第7話 持ってていいのか、本当に? 捨てちゃだめかな?
今上空に展開している巨大ロボット群は、やはり以前に見たのとは違う機体のようだった。
四本の腕、細身の体に装甲、額からは巨大な角が生え、顔には単眼が光っている。
大まかな部分では以前に見た機体と同じだが、背には巨大な翼状の機械を備えていて、大きく長い筒状の武器を四本の腕で保持していた。
「前見た奴に飛行ユニットを追加したみたいな感じか」
壮観だった。同じ武装をした機械群が、エルフの森上空を埋め尽くすように展開しているのだ。
当然目立つし、賢者の上空警戒網に引っかからないわけがないのだが、これだけの数を前にしては天使のような奴らものこのこと出てくるのは躊躇われるというものだろう。
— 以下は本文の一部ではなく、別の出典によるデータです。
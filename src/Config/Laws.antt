-- ===== src/Config/Laws.antt =====
-- .trellis/scripts/common/config.py: what the settings promise.
use taihu.Base.{
  ℕ, ◌≡◌, refl, all, all-elem, true, false, not, Option, none, some, Text, lit, ◌==◌, elem, arith,
  ◌⊎◌, ◌↔◌, show_nat, parse_int-show_nat,
}
use taihu.Yaml.Block.{Yaml, str, dict, Entries}
use taihu.Config.Values.{
  get, get_session_auto_commit, bool_or, coerce_config_bool, coerce_word, word_of,
  false_config_values, true_config_values, get_context_injection_limits, limit_of,
  limits_of_section, limit_of_int, int_of,
}
use taihu.Config.Packages.{
  Packages, validate_package, resolve_package, get_packages, resolve_in, first_declared, declared,
  has_package, truthy, is_valid_in, is_monorepo, is_configured, get_default_package,
}

declared-eq_some :
    (packages : Packages) (source : Option Text) (p : Text)
    → declared packages source ≡ some p
    → (source ≡ some p) × (has_package p packages ≡ true)
unfolding declared
declared-eq_some packages none p h = ground arith
declared-eq_some packages (some name) p h = ground arith

declared-eq_none :
    (packages : Packages) (p : Text)
    → declared packages (some p) ≡ none
    → has_package p packages ≡ false
unfolding declared
declared-eq_none packages p h = ground arith

first_declared-eq_some :
    (packages : Packages) (a b : Option Text) (p : Text)
    → first_declared packages a b ≡ some p
    → ((a ≡ some p) ⊎ (b ≡ some p)) × (has_package p packages ≡ true)
unfolding first_declared
first_declared-eq_some packages a b p h =
    ground (arith, declared-eq_some packages a p, declared-eq_some packages b p)

first_declared-left :
    (packages : Packages) (b : Option Text) (p : Text)
    → has_package p packages ≡ true
    → first_declared packages (some p) b ≡ some p
unfolding first_declared declared
first_declared-left packages b p h = ground arith

first_declared-right :
    (packages : Packages) (a : Option Text) (p : Text)
    → declared packages a ≡ none
    → has_package p packages ≡ true
    → first_declared packages a (some p) ≡ some p
unfolding first_declared declared
first_declared-right packages a p e h = ground arith

resolve_in-eq_some :
    (o : Option Packages) (a b : Option Text) (p : Text)
    → resolve_in o a b ≡ some p
    → (is_configured o ≡ true) × (is_valid_in p o ≡ true) × ((a ≡ some p) ⊎ (b ≡ some p))
unfolding resolve_in is_valid_in
resolve_in-eq_some none a b p h = ground arith
resolve_in-eq_some (some packages) a b p h = ground (arith, first_declared-eq_some packages a b p)

resolve_in-left :
    (o : Option Packages) (b : Option Text) (p : Text)
    → is_configured o ≡ true
    → is_valid_in p o ≡ true
    → resolve_in o (some p) b ≡ some p
unfolding resolve_in is_valid_in
resolve_in-left none b p c h = ground arith
resolve_in-left (some packages) b p c h = first_declared-left packages b p h

module _ (repr : Yaml → Text) (config : Entries) (task_package : Option Text) (p : Text) where
  -- A package that is resolved is declared in a monorepo, and is the task's or the default one.
  pub resolve_package-valid :
      resolve_package repr task_package config ≡ some p
      → (is_monorepo config ≡ true)
        × (validate_package p config ≡ true)
        × ((truthy task_package ≡ some p) ⊎ (truthy (get_default_package repr config) ≡ some p))
  unfolding resolve_package is_monorepo validate_package
  resolve_package-valid h =
      resolve_in-eq_some (get_packages config) (truthy task_package)
        (truthy (get_default_package repr config)) p h

  -- In a monorepo a task's package that is declared is resolved, whatever the default.
  pub resolve_package-task :
      truthy task_package ≡ some p
      → is_monorepo config ≡ true
      → validate_package p config ≡ true
      → resolve_package repr task_package config ≡ some p
  unfolding resolve_package is_monorepo validate_package
  resolve_package-task e c h =
      rw e (resolve_in-left (get_packages config) (truthy (get_default_package repr config)) p c h)

false_words_not-true : all (λ s. not (elem s true_config_values)) false_config_values ≡ true
unfolding elem ◌==◌
false_words_not-true = refl

coerce_word-false :
    (o : Option Text)
    → ((coerce_word o true).0 ≡ false)
      ↔ ((s : Text) × (o ≡ some s) × (elem s false_config_values ≡ true))
unfolding coerce_word
coerce_word-false none = ((λ h. ground arith), (λ h. ground arith))
coerce_word-false (some s) = (
  (λ h. (s, refl, ground arith)),
  (λ (t, e, h).
      let e' : s ≡ t = cc in
      rw e' (
        ground (
          arith,
          all-elem (λ s. not (elem s true_config_values)) false_config_values t false_words_not-true
              h,
        ))),
)

bool_or-false :
    (o : Option Yaml)
    → ((bool_or true o).0 ≡ false) ↔ (
        (v : Yaml) × (s : Text) × (o ≡ some v)
        × (word_of v ≡ some s)
        × (elem s false_config_values ≡ true))
unfolding bool_or coerce_config_bool
bool_or-false none = ((λ h. ground arith), (λ h. ground arith))
bool_or-false (some v) = (
  (λ h. let (s, e, m) = (coerce_word-false (word_of v)).0 h in (v, s, refl, e, m)),
  (λ (w, s, e, f, m). (coerce_word-false (word_of v)).1 (s, cc, m)),
)

-- Auto-commit is off exactly where the setting is one of the false words, in any case and with any
-- white space around it.
pub get_session_auto_commit-off :
    (config : Entries)
    → ((get_session_auto_commit config).0 ≡ false) ↔ (
        (v : Yaml) × (s : Text) × (get (lit "session_auto_commit") config ≡ some v)
        × (word_of v ≡ some s)
        × (elem s false_config_values ≡ true))
unfolding get_session_auto_commit
get_session_auto_commit-off config = bool_or-false (get (lit "session_auto_commit") config)

limit_of-show_nat : (default n : ℕ) → limit_of default (some (str (show_nat n))) ≡ (n, false)
unfolding limit_of limit_of_int int_of
limit_of-show_nat default n = rw (parse_int-show_nat n)

-- Limits that the config file writes as numbers are the limits in force, with no warning.
pub get_context_injection_limits-configured :
    (config section : Entries) (file artifact total : ℕ)
    → get (lit "context_injection") config ≡ some (dict section)
    → get (lit "max_file_bytes") section ≡ some (str (show_nat file))
    → get (lit "max_artifact_bytes") section ≡ some (str (show_nat artifact))
    → get (lit "max_total_bytes") section ≡ some (str (show_nat total))
    → get_context_injection_limits config ≡ record {
      max_file_bytes = (file, false);
      max_artifact_bytes = (artifact, false);
      max_total_bytes = (total, false);
    }
unfolding get_context_injection_limits limits_of_section
get_context_injection_limits-configured config section file artifact total c f a t = rw c (
    cc (
      f,
      a,
      t,
      limit_of-show_nat 32768 file,
      limit_of-show_nat 65536 artifact,
      limit_of-show_nat 131072 total,
    ))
「一応訊いておくけど、ロボットでも倒せるんだよね?」
「たぶん」
夜霧は自分の力が何にでも通用すると過信しているわけではない。
ただ、これまで通用しなかった相手がいなかったというだけのことであり、今後もそうだろうとなんとなく思っているだけだ。
「なあ。前に出会ったロボットは、俺を恐れて交戦しなかったんだけど、俺のことは聞いてないの?」
「もちろん聞いてますよ、だからなんだと言うのです?」
見下すように少女ロボットは顔を歪めた。
機械にしてはずいぶんと感情が豊かだ。わざわざ人を模した頭部を備えているだけのことはある。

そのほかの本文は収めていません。